2. Qiaochu Yuan Says:

Very nice. This is closely related to another famous problem in “noncommutative high school algebra” whose standard heuristic translates into the following. Suppose you live in a ring where power series make sense; in particular, where $(1 - x)^{-1} = 1 + x + x^2 + ...$. Then $(A - B)C = BA^{-1}$ is equivalent to

$C = A^{-1} BA^{-1} + A^{-1} BA^{-1} BA^{-1} + ...$

which you can verify is also equivalent to the desired identity. One can turn this into a proof of the original statement by scaling A appropriately so that the above sequences converge in an operator norm.

The really cool thing is that there is a theorem to the effect that an identity in “noncommutative high school algebra” holds if and only if it holds in power series rings! Unfortunately, I can never remember the appropriate reference for this.

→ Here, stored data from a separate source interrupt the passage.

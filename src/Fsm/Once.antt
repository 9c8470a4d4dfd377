-- ===== src/Fsm/Once.antt =====
-- backend/app/services/fsm.py: `execute_once`, `handoff` and `audit_records`.
-- `W` is the world that the wrapped function acts on, and `X` what it may raise.
use text.Mathlib.Text.{◌==◌ as str_eq}
use proof_ops.Common.{
  String, Bool, true, false, ◌&&◌, ◌||◌, not, Option, none, some, List, [], ◌∷◌, ◌++◌, map, any,
  contains, is_empty, if◌then◌else◌, is_blank, Result, ok, err, Exec,
}
use proof_ops.Fsm.Run.{
  Rejection, blank_id, unknown_agent, handoff_not_allowed, refs_required, blank_ref,
  TransitionRecord, Handoff, Suppression, IncidentRun,
}

-- What leaves `execute_once`: a rejection of its own, or what the wrapped function raised.
pub data Raised (X : Type 0) : Type 0 where
  rejected : Rejection → Raised X
  fault : X → Raised X

-- `run.idem_store.get((action_id, execution_id))`
abbrev pub cached : {R : Type 0} → String → String → List ((String × String) × R) → Option R
cached a e [] = none
cached a e (((b, f), r) ∷ rest) = if str_eq b a && str_eq f e then some r else cached a e rest

module _ {R W X : Type 0} where
  -- `result = fn(...); run.idem_store[key] = result`
  abbrev pub store_result :
      String
      → String
      → IncidentRun R
      → Result X R × W
      → Result (Raised X) (R × Bool) × IncidentRun R × W
  store_result a e run (err x, w) = (err (fault x), run, w)
  store_result a e run (ok r, w) =
      (ok (r, false), record run { idem_store = ((a, e), r) ∷ run.idem_store }, w)

  -- The branch on `key in run.idem_store`.
  abbrev pub replay_or_run :
      String
      → String
      → (W → Result X R × W)
      → IncidentRun R
      → W
      → Option R
      → Result (Raised X) (R × Bool) × IncidentRun R × W
  replay_or_run a e fn run w (some r) = (
    ok (r, true),
    record run {
      suppressions = run.suppressions ++ record { action_id = a; execution_id = e } ∷ [];
    },
    w,
  )
  replay_or_run a e fn run w none = store_result a e run (fn w)

  unfoldable pub execute_once :
      String
      → String
      → (W → Result X R × W)
      → IncidentRun R
      → W
      → Result (Raised X) (R × Bool) × IncidentRun R × W
  execute_once a e fn run w =
      if is_blank a || is_blank e
      then (err (rejected blank_id), run, w)
      else replay_or_run a e fn run w (cached a e run.idem_store)

-- `name in AGENTS`, the tuple of agents/__init__.py
unfoldable pub is_agent : String → Bool
is_agent = contains ("triage" ∷ "diagnostic" ∷ "planner" ∷ "reporter" ∷ [])

-- `(from_agent, to_agent) in HANDOFFS`
unfoldable pub is_handoff : String → String → Bool
is_handoff f t =
    str_eq f "triage" && str_eq t "diagnostic" || str_eq f "diagnostic" && str_eq t "planner"

unfoldable pub handoff :
    {R : Type 0} → String → String → List String → Exec (IncidentRun R) Rejection Handoff
handoff f t refs run =
    if not (is_agent f) || not (is_agent t)
    then (err unknown_agent, run)
    else if not (is_handoff f t)
    then (err handoff_not_allowed, run)
    else if any is_blank refs
    then (err blank_ref, run)
    else if is_empty refs
    then (err refs_required, run)
    else let h : Handoff = record {
      incident_id = run.incident_id;
      from_agent = f;
      to_agent = t;
      refs = refs;
    } in
      (ok h, record run { handoffs = run.handoffs ++ h ∷ [] })

-- The records of `audit_records`, by their "type".
pub data AuditRecord : Type 0 where
  transition : TransitionRecord → AuditRecord
  handoff_record : Handoff → AuditRecord
  duplicate_suppressed : Suppression → AuditRecord

unfoldable pub audit_records : {R : Type 0} → IncidentRun R → List AuditRecord
audit_records run =
    map transition run.history
    ++ (map handoff_record run.handoffs ++ map duplicate_suppressed run.suppressions)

3. I claimed that if A and B are elements in a ring with $AB=I$ then $BA=I$. This is not true in general: It could be that $A$ was only right invertible (Actually I don’t know any rings with such an element. Do you?). But it is true for matrices: Matrices corresponds to linear maps, and if $AB=I$ the map corresponding to $A$ must be surjective. It is map from a finite dimensional space to itself so it must be injective, and thus it has a left-inverse. If $C$ is a left-inverse for $A$ we have $C=CI=CAB=IB=B$, so $B$ is the inverse of $A$.

• Qiaochu Yuan Says:

Take, for example, the ring of endomorphisms of a vector space of countable dimension. With respect to a basis $e_1, e_2, ...$, the linear operator $Se_1 \to 0, Se_{i+1} \to e_i$ is right invertible but not left invertible.